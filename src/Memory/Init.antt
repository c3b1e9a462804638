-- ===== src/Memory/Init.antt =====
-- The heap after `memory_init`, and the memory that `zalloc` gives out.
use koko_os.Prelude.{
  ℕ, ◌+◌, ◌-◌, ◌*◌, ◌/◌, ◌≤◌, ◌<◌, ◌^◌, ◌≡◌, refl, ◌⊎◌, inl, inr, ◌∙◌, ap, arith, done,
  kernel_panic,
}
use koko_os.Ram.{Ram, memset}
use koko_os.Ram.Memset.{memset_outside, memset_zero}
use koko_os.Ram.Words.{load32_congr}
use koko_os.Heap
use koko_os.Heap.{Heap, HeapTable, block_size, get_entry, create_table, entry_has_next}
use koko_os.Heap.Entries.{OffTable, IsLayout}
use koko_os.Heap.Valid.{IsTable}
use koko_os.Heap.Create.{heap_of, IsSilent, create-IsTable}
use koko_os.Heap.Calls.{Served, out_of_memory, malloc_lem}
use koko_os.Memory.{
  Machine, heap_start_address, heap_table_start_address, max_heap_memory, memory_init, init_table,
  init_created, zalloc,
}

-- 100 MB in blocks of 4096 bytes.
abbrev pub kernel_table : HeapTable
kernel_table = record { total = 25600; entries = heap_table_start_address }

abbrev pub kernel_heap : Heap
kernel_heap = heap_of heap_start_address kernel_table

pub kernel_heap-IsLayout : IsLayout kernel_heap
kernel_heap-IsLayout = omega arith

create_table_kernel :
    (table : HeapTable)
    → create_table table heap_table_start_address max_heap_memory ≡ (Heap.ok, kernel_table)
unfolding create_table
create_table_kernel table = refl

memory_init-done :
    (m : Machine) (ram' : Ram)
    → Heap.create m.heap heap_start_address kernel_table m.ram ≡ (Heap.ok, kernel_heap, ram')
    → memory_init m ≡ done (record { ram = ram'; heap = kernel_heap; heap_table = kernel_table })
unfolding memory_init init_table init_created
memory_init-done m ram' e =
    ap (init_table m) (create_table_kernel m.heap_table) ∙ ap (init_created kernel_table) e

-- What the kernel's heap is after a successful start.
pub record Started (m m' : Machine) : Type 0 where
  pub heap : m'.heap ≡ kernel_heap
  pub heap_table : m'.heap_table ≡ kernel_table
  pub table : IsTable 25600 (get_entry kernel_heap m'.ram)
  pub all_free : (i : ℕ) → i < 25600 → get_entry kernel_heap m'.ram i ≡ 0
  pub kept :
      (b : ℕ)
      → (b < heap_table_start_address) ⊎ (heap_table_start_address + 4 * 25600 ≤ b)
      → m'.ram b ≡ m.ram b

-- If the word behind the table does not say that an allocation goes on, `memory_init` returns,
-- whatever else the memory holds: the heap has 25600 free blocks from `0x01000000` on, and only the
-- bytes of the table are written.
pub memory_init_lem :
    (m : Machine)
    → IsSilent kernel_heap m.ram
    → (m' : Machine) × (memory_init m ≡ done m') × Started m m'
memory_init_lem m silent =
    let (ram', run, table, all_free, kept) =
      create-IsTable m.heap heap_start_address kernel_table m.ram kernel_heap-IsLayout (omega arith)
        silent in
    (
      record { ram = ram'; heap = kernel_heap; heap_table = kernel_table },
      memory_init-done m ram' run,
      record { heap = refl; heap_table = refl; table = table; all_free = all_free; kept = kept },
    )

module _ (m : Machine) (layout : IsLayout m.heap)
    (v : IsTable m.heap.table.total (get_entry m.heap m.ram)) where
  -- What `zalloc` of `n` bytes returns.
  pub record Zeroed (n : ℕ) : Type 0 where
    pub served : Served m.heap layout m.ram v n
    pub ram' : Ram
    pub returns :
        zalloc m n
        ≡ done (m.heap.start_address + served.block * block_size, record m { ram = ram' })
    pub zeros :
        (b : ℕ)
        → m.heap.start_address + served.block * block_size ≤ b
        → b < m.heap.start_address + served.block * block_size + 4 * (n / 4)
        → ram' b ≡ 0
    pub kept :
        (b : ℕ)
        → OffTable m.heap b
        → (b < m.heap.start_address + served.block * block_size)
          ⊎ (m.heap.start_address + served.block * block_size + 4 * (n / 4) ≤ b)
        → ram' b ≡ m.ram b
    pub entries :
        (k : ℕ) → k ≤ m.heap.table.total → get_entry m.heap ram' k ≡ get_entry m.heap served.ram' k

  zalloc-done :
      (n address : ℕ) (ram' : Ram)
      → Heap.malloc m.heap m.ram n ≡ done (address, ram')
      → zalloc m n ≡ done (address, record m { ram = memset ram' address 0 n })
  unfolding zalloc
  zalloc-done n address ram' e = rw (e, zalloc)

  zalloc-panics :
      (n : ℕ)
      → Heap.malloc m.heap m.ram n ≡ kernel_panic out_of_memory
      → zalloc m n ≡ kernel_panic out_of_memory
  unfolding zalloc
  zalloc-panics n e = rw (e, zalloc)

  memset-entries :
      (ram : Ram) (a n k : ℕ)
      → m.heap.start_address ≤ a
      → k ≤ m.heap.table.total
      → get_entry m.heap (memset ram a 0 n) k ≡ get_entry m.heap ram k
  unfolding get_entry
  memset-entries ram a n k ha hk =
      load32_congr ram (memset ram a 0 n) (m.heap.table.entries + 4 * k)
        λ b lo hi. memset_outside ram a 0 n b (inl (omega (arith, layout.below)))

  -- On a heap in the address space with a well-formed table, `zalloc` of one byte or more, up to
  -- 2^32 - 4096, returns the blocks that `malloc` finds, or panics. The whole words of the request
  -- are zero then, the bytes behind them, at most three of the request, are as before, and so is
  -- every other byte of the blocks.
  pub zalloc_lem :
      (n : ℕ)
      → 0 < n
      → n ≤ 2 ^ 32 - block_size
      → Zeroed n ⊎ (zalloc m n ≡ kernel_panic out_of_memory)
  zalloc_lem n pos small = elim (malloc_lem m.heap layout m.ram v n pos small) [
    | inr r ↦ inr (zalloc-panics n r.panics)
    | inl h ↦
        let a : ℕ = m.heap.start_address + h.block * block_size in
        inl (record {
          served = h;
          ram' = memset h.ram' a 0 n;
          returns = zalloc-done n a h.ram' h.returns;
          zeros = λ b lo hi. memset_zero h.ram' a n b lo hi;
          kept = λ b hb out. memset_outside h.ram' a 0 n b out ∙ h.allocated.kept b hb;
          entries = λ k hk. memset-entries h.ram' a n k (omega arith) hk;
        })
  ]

----

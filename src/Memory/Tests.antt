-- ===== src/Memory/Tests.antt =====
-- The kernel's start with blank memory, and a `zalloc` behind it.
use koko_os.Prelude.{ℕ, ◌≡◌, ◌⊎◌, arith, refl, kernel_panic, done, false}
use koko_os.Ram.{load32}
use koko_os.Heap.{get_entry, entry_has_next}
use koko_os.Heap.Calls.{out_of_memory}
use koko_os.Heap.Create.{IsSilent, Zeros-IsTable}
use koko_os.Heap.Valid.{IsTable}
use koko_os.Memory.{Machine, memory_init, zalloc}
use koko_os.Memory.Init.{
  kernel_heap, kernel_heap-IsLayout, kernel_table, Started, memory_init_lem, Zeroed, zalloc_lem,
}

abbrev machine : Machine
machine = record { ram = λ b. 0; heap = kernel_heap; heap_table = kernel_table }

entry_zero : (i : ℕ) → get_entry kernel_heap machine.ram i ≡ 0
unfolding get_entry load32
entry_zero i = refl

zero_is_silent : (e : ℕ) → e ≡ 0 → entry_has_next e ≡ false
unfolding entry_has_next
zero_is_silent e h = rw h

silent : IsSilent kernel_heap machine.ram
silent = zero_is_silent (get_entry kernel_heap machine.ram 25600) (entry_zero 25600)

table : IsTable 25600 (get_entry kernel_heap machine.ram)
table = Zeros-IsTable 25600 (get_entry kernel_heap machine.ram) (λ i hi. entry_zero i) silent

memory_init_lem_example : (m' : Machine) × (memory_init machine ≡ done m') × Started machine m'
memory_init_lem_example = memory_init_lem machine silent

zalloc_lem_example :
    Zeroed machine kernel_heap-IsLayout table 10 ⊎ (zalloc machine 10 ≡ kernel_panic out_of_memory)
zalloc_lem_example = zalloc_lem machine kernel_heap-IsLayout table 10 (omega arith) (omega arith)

----

### EXERCISE DIRECTIONS:
Using the records above, set down exactly the lines from the one with "filename src/Memory/Init.antt" through the one with "(m : Machine) (ram' : Ram)", inclusive, and nothing more.

### PROBLEM SOLUTION:
filename src/Memory/Init.antt
repository c3b1e9a462804638
-- ===== src/Memory/Init.antt =====
-- The heap after `memory_init`, and the memory that `zalloc` gives out.
use koko_os.Prelude.{
  ℕ, ◌+◌, ◌-◌, ◌*◌, ◌/◌, ◌≤◌, ◌<◌, ◌^◌, ◌≡◌, refl, ◌⊎◌, inl, inr, ◌∙◌, ap, arith, done,
  kernel_panic,
}
use koko_os.Ram.{Ram, memset}
use koko_os.Ram.Memset.{memset_outside, memset_zero}
use koko_os.Ram.Words.{load32_congr}
use koko_os.Heap
use koko_os.Heap.{Heap, HeapTable, block_size, get_entry, create_table, entry_has_next}
use koko_os.Heap.Entries.{OffTable, IsLayout}
use koko_os.Heap.Valid.{IsTable}
use koko_os.Heap.Create.{heap_of, IsSilent, create-IsTable}
use koko_os.Heap.Calls.{Served, out_of_memory, malloc_lem}
use koko_os.Memory.{
  Machine, heap_start_address, heap_table_start_address, max_heap_memory, memory_init, init_table,
  init_created, zalloc,
}

-- 100 MB in blocks of 4096 bytes.
abbrev pub kernel_table : HeapTable
kernel_table = record { total = 25600; entries = heap_table_start_address }

abbrev pub kernel_heap : Heap
kernel_heap = heap_of heap_start_address kernel_table

pub kernel_heap-IsLayout : IsLayout kernel_heap
kernel_heap-IsLayout = omega arith

create_table_kernel :
    (table : HeapTable)
    → create_table table heap_table_start_address max_heap_memory ≡ (Heap.ok, kernel_table)
unfolding create_table
create_table_kernel table = refl

memory_init-done :
    (m : Machine) (ram' : Ram)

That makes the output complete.